Task details:
All lines in the entries below that hold "other" make up the answer.

Material for the task:
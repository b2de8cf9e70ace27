-- ===== src/Client/Queue/Keeps.antt =====
-- Sending an intent leaves the queue alone.
use solmesh.Client.Transaction.{sol_transfer, token_transfer}
use solmesh.Prelude.{
  ap, suc, ℕ, refl, inl, inr, Bool, Bool-cases, Option-cases, true, false, arith, Option, none,
  some, String, Result, Result-cases, ◌==◌,
}
use solmesh.Prelude.Stateful.{◌>>=◌, ◌>>◌, Keeps, bind-Keeps, lift, gets}
use solmesh.Constants.{Bytes}
use solmesh.Constants.MsgType
use solmesh.Protocol.Frame.{pack_message}
use solmesh.Protocol.Messages.{encode_blockhash_req}
use solmesh.Chunker.{generate_msg_id}
use solmesh.Mesh.{truthy}
use solmesh.Store.{QueueFile, Intent}
use solmesh.Solana.{Keypair}
use solmesh.Wallet.{load_keypair}
use solmesh.Client.{ClientNode}
use solmesh.Client.World.{ClientWorld, Method}
use solmesh.Client.Wait.{wait_for, wait_for_result}
use solmesh.Client.Wait.Keeps.{own, wait_for-own, wait_for_result-own}
use solmesh.Client.Request.{send_request, to_gateway, request_transfer, request_token_transfer}
use solmesh.Client.Relay.{
  new_msg_id, mesh_send, clear_blockhash, fetch_blockhash, fetched, choose_blockhash, relay_raw_tx,
  relay_built, relay_signed_tx, relay_signed_token_tx,
}
use solmesh.Client.Queue.{dispatch}

abbrev pub store : ClientNode → Option QueueFile
store c = c.intent_store

lift-store : {A : Type 0} (r : Result A) → Keeps store (lift r)
lift-store r c = refl

gets-store : {A : Type 0} (f : ClientNode → A) → Keeps store (gets f)
gets-store f c = refl

own-store : {A : Type 0} (m : Method A) → Keeps own m → Keeps store m
own-store m h c = ap (λ o. o.3) (h c)

pub wait_for_result-store :
    (w : ClientWorld) (msg_id timeout : ℕ) → Keeps store (wait_for_result w msg_id timeout)
wait_for_result-store w msg_id timeout =
    own-store (wait_for_result w msg_id timeout) (wait_for_result-own w msg_id timeout)

send_request-store :
    (w : ClientWorld) (g : String) (t : ℕ) (p : Bytes) → Keeps store (send_request w g t p)
unfolding send_request
send_request-store w g t p c = ground arith

to_gateway-store : (w : ClientWorld) (t : ℕ) (p : Result Bytes) → Keeps store (to_gateway w t p)
unfolding to_gateway
to_gateway-store w t p c = elim (Option-cases (truthy c.gateway_id)) [
  | inl unset ↦ rw (unset, to_gateway) refl
  | inr (g, set) ↦ elim (Result-cases p) [
    | inl (b, built) ↦ rw (set, to_gateway) (rw (built, to_gateway) (send_request-store w g t b c))
    | inr (e, raised) ↦ rw (set, to_gateway) (rw (raised, to_gateway) refl)
  ]
]

request_transfer-store :
    (w : ClientWorld) (name to : String) (amount : ℕ) (pass : String)
    → Keeps store (request_transfer w name to amount pass)
unfolding request_transfer
request_transfer-store w name to amount pass c = to_gateway-store w MsgType.tx_request _ c

request_token_transfer-store :
    (w : ClientWorld) (name to mint : String) (amount decimals : ℕ) (pass : String)
    → Keeps store (request_token_transfer w name to mint amount decimals pass)
unfolding request_token_transfer
request_token_transfer-store w name to mint amount decimals pass c =
    to_gateway-store w MsgType.tx_request _ c

mesh_send-store :
    (w : ClientWorld) (msg : Bytes) (to : Option String) → Keeps store (mesh_send w msg to)
unfolding mesh_send
mesh_send-store w msg to c = refl

new_msg_id-store : (w : ClientWorld) → Keeps store (new_msg_id w)
unfolding new_msg_id
new_msg_id-store w c = refl

relay_raw_tx-store : (w : ClientWorld) (tx : Bytes) → Keeps store (relay_raw_tx w tx)
unfolding relay_raw_tx new_msg_id
relay_raw_tx-store w tx c = ground arith

abbrev has_blockhash : ClientNode → Bool
has_blockhash c = elim c.blockhash [ none ↦ false | some _ ↦ true ]

-- From the message of `fetch_blockhash` on.
abbrev ask_blockhash : ClientWorld → ℕ → String → Bytes → Method (Option Bytes)
ask_blockhash w timeout g msg = do
  clear_blockhash
  mesh_send w msg (some g)
  wait_for w has_blockhash timeout
  gets (λ c. c.blockhash)

ask_blockhash-store :
    (w : ClientWorld) (timeout : ℕ) (g : String) (msg : Bytes)
    → Keeps store (ask_blockhash w timeout g msg)
ask_blockhash-store w timeout g msg c =
    bind-Keeps store (mesh_send w msg (some g))
      (λ u. wait_for w has_blockhash timeout >> gets (λ c. c.blockhash))
      (mesh_send-store w msg (some g))
      (λ u.
        bind-Keeps store (wait_for w has_blockhash timeout) (λ u. gets (λ c. c.blockhash))
          (own-store (wait_for w has_blockhash timeout) (wait_for-own w has_blockhash timeout))
          (λ u. gets-store (λ c. c.blockhash)))
      (record c { blockhash = none })

fetch_blockhash-store : (w : ClientWorld) (timeout : ℕ) → Keeps store (fetch_blockhash w timeout)
unfolding fetch_blockhash new_msg_id
fetch_blockhash-store w timeout c = elim (Option-cases (truthy c.gateway_id)) [
  | inl unset ↦ rw (unset, fetch_blockhash) refl
  | inr (g, set) ↦
      let packed =
        pack_message MsgType.blockhash_req (generate_msg_id (w.urandom c.drawn)) 0 1
          encode_blockhash_req in
      rw (set, fetch_blockhash)
        (bind-Keeps store (lift packed) (ask_blockhash w timeout g) (lift-store packed)
          (ask_blockhash-store w timeout g) (record c { drawn = suc c.drawn }))
]

choose_blockhash-store :
    (w : ClientWorld) (blockhash : Option String) → Keeps store (choose_blockhash w blockhash)
unfolding choose_blockhash
choose_blockhash-store w (some hash) c = refl
choose_blockhash-store w none c =
    bind-Keeps store (fetch_blockhash w 60) (λ bytes. lift (fetched w bytes))
      (fetch_blockhash-store w 60) (λ bytes. lift-store (fetched w bytes)) c

module _ (w : ClientWorld) (name : String) (blockhash : Option String) (pass : String)
    (build : Keypair → Bytes → Result Bytes) where
  sign-store :
      (kp : Keypair) (hash : Bytes) → Keeps store (lift (build kp hash) >>= λ tx. relay_raw_tx w tx)
  sign-store kp hash =
      bind-Keeps store (lift (build kp hash)) (λ tx. relay_raw_tx w tx) (lift-store (build kp hash))
        (relay_raw_tx-store w)

  built-store :
      (kp : Keypair)
      → Keeps store (
          choose_blockhash w blockhash >>= λ hash. lift (build kp hash) >>= λ tx. relay_raw_tx w tx)
  built-store kp =
      bind-Keeps store (choose_blockhash w blockhash)
        (λ hash. lift (build kp hash) >>= λ tx. relay_raw_tx w tx)
        (choose_blockhash-store w blockhash) (sign-store kp)

  relay_built-store : Keeps store (relay_built w name blockhash pass build)
  unfolding relay_built
  relay_built-store c =
      bind-Keeps store (lift (load_keypair w.crypto name pass c.wallet_mgr))
        (λ kp.
          choose_blockhash w blockhash >>= λ hash. lift (build kp hash) >>= λ tx. relay_raw_tx w tx)
        (lift-store (load_keypair w.crypto name pass c.wallet_mgr)) built-store c

pub dispatch-store :
    (w : ClientWorld) (intent : Intent) (pass : String) → Keeps store (dispatch w intent pass)
unfolding dispatch relay_signed_tx relay_signed_token_tx
dispatch-store w intent pass c = elim (Bool-cases (intent.mode == 3)) [
  | inl third ↦ elim (Option-cases (truthy intent.token_mint)) [
    | inr (mint, token) ↦
        rw (third, token)
          (request_token_transfer-store w intent.wallet_name intent.recipient mint intent.amount
            intent.token_decimals pass c)
    | inl sol ↦
        rw (third, sol)
          (request_transfer-store w intent.wallet_name intent.recipient intent.amount pass c)
  ]
  | inr other ↦ elim (Bool-cases (intent.mode == 1)) [
    | inr neither ↦ rw (other, neither) refl
    | inl first ↦ elim (Option-cases (truthy intent.token_mint)) [
      | inr (mint, token) ↦
          rw (other, first, token)
            (relay_built-store w intent.wallet_name none pass
              (token_transfer w intent.recipient mint intent.amount intent.token_decimals false) c)
      | inl sol ↦
          rw (other, first, sol)
            (relay_built-store w intent.wallet_name none pass
              (sol_transfer w intent.recipient intent.amount) c)
    ]
  ]
]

Task result:
  | inr other ↦ elim (Bool-cases (intent.mode == 1)) [
    | inr neither ↦ rw (other, neither) refl
          rw (other, first, token)
          rw (other, first, sol)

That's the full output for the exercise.